▶ [HOW TO COMPLETE THIS TASK]:
Lines holding the string "have" are the ones to copy; find them all in the data.

======== MATERIAL SHOWN

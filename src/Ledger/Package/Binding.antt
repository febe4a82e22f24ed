-- ===== src/Ledger/Package/Binding.antt =====
-- What an accepted package binds, and which exports are accepted (package.go).
use mathlib.Core.Path.{subst}
use mathlib.Core.List.{Memᴰ}
use vigia.Prelude.{
  [], ◌∷◌, ◌++◌, ℕ, ◌≡◌, refl, sym, ap, ◌∙◌, ◌⊎◌, inl, inr, true, List, Option, none, some, arith,
  some_injective, Bool-cases,
}
use vigia.Time.{Time}
use vigia.Ledger.Encoding.{Text}
use vigia.Ledger.Digest.{Bytes, Sha256, Collision}
use vigia.Ledger.Record.{
  JudgeEvidence, Body, EvidenceRecord, canonical_of, format_micros, hash_of, hash_text,
  is_valid_prev_hash,
}
use vigia.Ledger.Hashing.{hash_input, hash_text-binding}
use vigia.Ledger.Chain.{verified}
use vigia.Ledger.Chain.Intact.{is_ok, hash_of-valid}
use vigia.Ledger.Inputs.{DetectorResult, sorted, compute_inputs_digest}
use vigia.Ledger.Inputs.Binding.{results_input, compute_inputs_digest-binding}
use vigia.Ledger.Package.{Package, record_of, build_package, package_body, verify_package}
use vigia.Ledger.Package.Sound.{IsSound, verify_package-IsSound, IsSound-accepted}

-- The fields of a package that bear trust, those of its display blocks included. The time is the one
-- that is read, in canonical form; the results are sorted.
pub record Trusted : Type 0 where
  pub evaluation_id : Text
  pub overall_outcome : Text
  pub policy_bundle_version : Text
  pub interaction_id : Text
  pub tenant_id : Text
  pub seq : ℕ
  pub created_at : Option Text
  pub prev_hash : Text
  pub judge : Option JudgeEvidence
  pub detector_results : List DetectorResult

abbrev canonical_time : Option Time → Option Text
canonical_time none = none
canonical_time (some t) = some (format_micros t)

abbrev pub trusted : (Text → Option Time) → Package → Trusted
trusted parse pkg = record {
  evaluation_id = pkg.evaluation.id;
  overall_outcome = pkg.evaluation.overall_outcome;
  policy_bundle_version = pkg.evaluation.policy_bundle_version;
  interaction_id = pkg.interaction.id;
  tenant_id = pkg.interaction.tenant_id;
  seq = pkg.proof.seq;
  created_at = canonical_time (parse pkg.proof.created_at);
  prev_hash = pkg.proof.prev_hash;
  judge = pkg.proof.judge;
  detector_results = sorted pkg.detector_results;
}

-- What the verification of a package hands to SHA-256: its results, and the body whose time is read.
abbrev body_input : Package → Option Time → List Bytes
body_input pkg none = []
body_input pkg (some at) =
    hash_input pkg.proof.prev_hash (canonical_of (package_body pkg.proof at)) ∷ []

abbrev pub package_inputs : (Text → Option Time) → Package → List Bytes
package_inputs parse pkg =
    results_input pkg.detector_results ∷ body_input pkg (parse pkg.proof.created_at)

module _ (sha : Sha256) (parse : Text → Option Time) where
  sound-binding :
      (p q : Package) (s : IsSound sha parse p) (t : IsSound sha parse q)
      → p.proof.prev_hash ≡ q.proof.prev_hash
      → canonical_of (package_body p.proof s.created_at)
        ≡ canonical_of (package_body q.proof t.created_at)
      → sorted p.detector_results ≡ sorted q.detector_results
      → trusted parse p ≡ trusted parse q
  unfolding canonical_of
  sound-binding p q s t prev bodies results = λ i. record {
    evaluation_id = (s.evaluation_id ∙ ap (λ b. b.evaluation_id) bodies ∙ sym t.evaluation_id) i;
    overall_outcome =
        (s.evaluation_outcome ∙ ap (λ b. b.overall_outcome) bodies ∙ sym t.evaluation_outcome) i;
    policy_bundle_version =
        (s.evaluation_bundle ∙ ap (λ b. b.policy_bundle_version) bodies ∙ sym t.evaluation_bundle)
          i;
    interaction_id =
        (s.interaction_id ∙ ap (λ b. b.interaction_event_id) bodies ∙ sym t.interaction_id) i;
    tenant_id = (s.interaction_tenant ∙ ap (λ b. b.tenant_id) bodies ∙ sym t.interaction_tenant) i;
    seq = (ap (λ b. b.seq) bodies) i;
    created_at =
        (ap canonical_time s.parsed
            ∙ ap (λ b. some b.created_at) bodies
            ∙ sym (ap canonical_time t.parsed))
          i;
    prev_hash = prev i;
    judge = (ap (λ b. b.judge) bodies) i;
    detector_results = results i;
  }

  sound-inputs :
      (pkg : Package) (s : IsSound sha parse pkg)
      → package_inputs parse pkg
        ≡ results_input pkg.detector_results
          ∷ hash_input pkg.proof.prev_hash (canonical_of (package_body pkg.proof s.created_at))
          ∷ []
  sound-inputs pkg s = ap (λ o. results_input pkg.detector_results ∷ body_input pkg o) s.parsed

  bound :
      (p q : Package) (s : IsSound sha parse p) (t : IsSound sha parse q) (hashed : List Bytes)
      → hashed
        ≡ results_input p.detector_results
          ∷ hash_input p.proof.prev_hash (canonical_of (package_body p.proof s.created_at))
          ∷ results_input q.detector_results
          ∷ hash_input q.proof.prev_hash (canonical_of (package_body q.proof t.created_at))
          ∷ []
      → p.proof.hash ≡ q.proof.hash
      → Collision sha hashed ⊎ (trusted parse p ≡ trusted parse q)
  unfolding canonical_of
  bound p q s t hashed inputs e =
      let at = λ (b : Bytes) (m : Memᴰ b _). subst (λ xs. Memᴰ b xs) (sym inputs) m in
      elim (hash_text-binding sha hashed _ _ _ _ (at _ (Memᴰ.tail (Memᴰ.head refl)))
        (at _ (Memᴰ.tail (Memᴰ.tail (Memᴰ.tail (Memᴰ.head refl))))) s.valid t.valid
        (s.hashed ∙ e ∙ sym t.hashed)) [
          | inl broken ↦ inl broken
          | inr (prev, bodies) ↦
              elim (compute_inputs_digest-binding sha hashed p.detector_results q.detector_results
                (at _ (Memᴰ.head refl)) (at _ (Memᴰ.tail (Memᴰ.tail (Memᴰ.head refl))))
                (s.inputs_digest ∙ ap (λ b. b.inputs_digest) bodies ∙ sym t.inputs_digest)) [
                  | inl broken ↦ inl broken
                  | inr results ↦ inr (sound-binding p q s t prev bodies results)
                ]
        ]

  -- Two packages that are accepted and whose records have one hash agree on every field that bears trust,
  -- the display blocks and the sorted detector results included; otherwise two of the inputs that their
  -- verifications hash are different and have one SHA-256 digest.
  pub verify_package-binding :
      (p q : Package)
      → is_ok sha (verify_package sha parse p) ≡ true
      → is_ok sha (verify_package sha parse q) ≡ true
      → p.proof.hash ≡ q.proof.hash
      → Collision sha (package_inputs parse p ++ package_inputs parse q)
        ⊎ (trusted parse p ≡ trusted parse q)
  verify_package-binding p q hp hq e =
      let s = verify_package-IsSound sha parse p hp in
      let t = verify_package-IsSound sha parse q hq in
      bound p q s t _ (cc (sound-inputs p s, sound-inputs q t)) e

  -- The documented behaviour of time.Parse on a time: it reads one with the same canonical form.
  abbrev pub ReadsBack : Time → Type 0
  ReadsBack t =
      (at : Time) × (parse (format_micros t) ≡ some at) × (format_micros at ≡ format_micros t)

  hash_of-some :
      (p h : Text) (b : Body)
      → hash_of sha p b ≡ some h
      → (is_valid_prev_hash p ≡ true) × (hash_text sha p (canonical_of b) ≡ h)
  unfolding hash_of
  hash_of-some p h b e = elim (Bool-cases (is_valid_prev_hash p)) [
    | inl valid ↦ (valid, some_injective _ _ (sym (hash_of-valid sha p b valid) ∙ e))
    | inr bad ↦ absurd (ground (arith, bad, e))
  ]

  package_body-canonical :
      (rec : EvidenceRecord) (at : Time)
      → rec.body.complaint_transition ≡ none
      → format_micros at ≡ format_micros rec.body.created_at
      → canonical_of (package_body (record_of rec) at) ≡ canonical_of rec.body
  unfolding canonical_of
  package_body-canonical rec at evaluated time = λ i. record (canonical_of rec.body) {
    created_at = time i;
    complaint_transition = sym evaluated i;
  }

  -- The export of a record of an evaluation is accepted, where the record has the hash of its body, the
  -- results have the digest of the record, and the time of the record reads back.
  pub verify_package-build_package :
      (rec : EvidenceRecord) (results : List DetectorResult) (channel direction : Text)
      (occurred_at evaluated_at : Time)
      → hash_of sha rec.prev_hash rec.body ≡ some rec.hash
      → rec.body.complaint_transition ≡ none
      → compute_inputs_digest sha results ≡ rec.body.inputs_digest
      → ReadsBack rec.body.created_at
      → verify_package sha parse (
          build_package rec
            (record {
              id = rec.body.interaction_event_id;
              tenant_id = rec.body.tenant_id;
              channel = channel;
              direction = direction;
              occurred_at = occurred_at;
            })
            (record {
              id = rec.body.evaluation_id;
              overall_outcome = rec.body.overall_outcome;
              policy_bundle_version = rec.body.policy_bundle_version;
              created_at = evaluated_at;
            })
            results)
        ≡ some (verified 1)
  verify_package-build_package rec results channel direction occurred_at evaluated_at hashed
        evaluated digest (at, parsed, time) =
      let (valid, same) = hash_of-some rec.prev_hash rec.hash rec.body hashed in
      IsSound-accepted sha parse _ (record {
        evaluation_id = refl;
        evaluation_outcome = refl;
        evaluation_bundle = refl;
        interaction_id = refl;
        interaction_tenant = refl;
        inputs_digest = digest;
        created_at = at;
        parsed = parsed;
        valid = valid;
        hashed =
            ap (hash_text sha rec.prev_hash) (package_body-canonical rec at evaluated time) ∙ same;
      })
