-- ===== src/Outbound/Context.antt =====
-- internal/outbound/proposal_context.go: the authority context of a proposal that carries it.
use vigia.Prelude.{String, Option, none, some, false, ◌==◌, String_comparable, if◌then◌else◌}
use vigia.Outbound.{OutboundActionProposal, AuthorityContext}

-- `ProposalContextResolver.Resolve`; `none` is its error.
unfoldable pub resolve : String → OutboundActionProposal → Option AuthorityContext
resolve tenant_id p =
    if tenant_id == ""
    then none
    else some (record {
      tenant_id = tenant_id;
      debtor_id = p.debtor_id;
      debtor_timezone = p.debtor_timezone;
      channel = p.channel;
      proposed_at = p.proposed_at;
      recipient_ambiguous = false;
      channel_ambiguous = false;
      contact_party_relationship = p.contact_party_relationship;
      authorized_channels = p.authorized_channels;
      payment_recipient = p.payment_target;
    })
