-- ===== src/Reports.antt =====
-- internal/orchestrator/report.go: the months that are reported, and the job that asks for the reports.
pub mod Months
pub mod Runs
use vigia.Prelude.{
  ℕ, ◌+◌, ◌-◌, ◌*◌, ◌/◌, Bool, not, ◌&&◌, ◌||◌, List, [], ◌∷◌, ◌++◌, Option, none, some, for_each,
  is_empty, ltb, nat_eq, if◌then◌else◌,
}
use vigia.Time.{Time, utc_time, day_ns, utc_micros}
use vigia.Time.Civil.{civil_of, date}
use vigia.Ledger.Encoding.{Text}

pub record RedecoReportPeriod : Type 0 where
  pub year : ℕ
  pub month : ℕ

-- `NewRedecoReportPeriod`; a year or a month that is negative is given as 0, which is refused too.
unfoldable pub new_redeco_report_period : ℕ → ℕ → Option RedecoReportPeriod
new_redeco_report_period year month =
    if nat_eq year 0
    then none
    else if ltb month 1 || ltb 12 month
    then none
    else some (record { year = year; month = month })

-- The day of `time.Date(y, m, d, …)`, for months 0 to 13; month 0 is the December before.
abbrev pub date_of_month : ℕ → ℕ → ℕ → ℕ
date_of_month y m d = if nat_eq m 0 then date (y - 1) 12 d else date y m d

-- `PreviousMonth`, for a time behind January of year 1
unfoldable pub previous_month : Time → RedecoReportPeriod
previous_month now =
    let today = civil_of (now.ns / day_ns) in
    let first = civil_of (date today.year today.month 1) in
    let previous = civil_of (date_of_month first.year (first.month - 1) first.day) in
    record { year = previous.year; month = previous.month }

-- `Bounds`
unfoldable pub bounds : RedecoReportPeriod → Time × Time
bounds p =
    let start = date p.year p.month 1 in
    let first = civil_of start in
    (utc_time (start * day_ns), utc_time (date first.year (first.month + 1) first.day * day_ns))

pub record RedecoMonthlyReportArgs : Type 0 where
  pub tenant_id : Text
  pub year : ℕ
  pub month : ℕ

unfoldable pub report_period_from_args : RedecoMonthlyReportArgs → Time → Option RedecoReportPeriod
report_period_from_args args now =
    if nat_eq args.year 0 && nat_eq args.month 0
    then some (previous_month now)
    else new_redeco_report_period args.year args.month

-- `RedecoMonthlyReportStore`: the tenants, none on an error, and whether a report is generated.
pub record RedecoMonthlyReportStore : Type 0 where
  pub list_tenants : Option (List Text)
  pub generate : Text → RedecoReportPeriod → Bool

-- The reports that were asked for, in order, and the tenants whose report failed.
pub record Reported : Type 0 where
  pub asked : List (Text × RedecoReportPeriod)
  pub failures : List Text

abbrev pub report_tenant :
    RedecoMonthlyReportStore → RedecoReportPeriod → Reported → Text → Reported
report_tenant store period done tenant = record {
  asked = done.asked ++ (tenant, period) ∷ [];
  failures = if store.generate tenant period then done.failures else done.failures ++ tenant ∷ [];
}

abbrev pub nothing_reported : Reported
nothing_reported = record { asked = []; failures = [] }

abbrev pub report_tenants :
    RedecoMonthlyReportStore → RedecoReportPeriod → Option (List Text) → Option Reported
report_tenants store period none = none
report_tenants store period (some tenants) =
    some (for_each (report_tenant store period) nothing_reported tenants)

abbrev pub report_period :
    RedecoMonthlyReportStore → RedecoMonthlyReportArgs → Option RedecoReportPeriod → Option Reported
report_period store args none = none
report_period store args (some period) =
    if not (is_empty args.tenant_id)
    then some (report_tenant store period nothing_reported args.tenant_id)
    else report_tenants store period store.list_tenants

-- `RedecoMonthlyReportWorker.Work` at what the clock says; `none` is an error before any report.
unfoldable pub work : RedecoMonthlyReportStore → Time → RedecoMonthlyReportArgs → Option Reported
work store clock args = report_period store args (report_period_from_args args (utc_micros clock))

================

▶ [EXERCISE RESULT]:
  -- Two packages that are accepted and whose records have one hash agree on every field that bears trust,
  -- verifications hash are different and have one SHA-256 digest.
  -- results have the digest of the record, and the time of the record reads back.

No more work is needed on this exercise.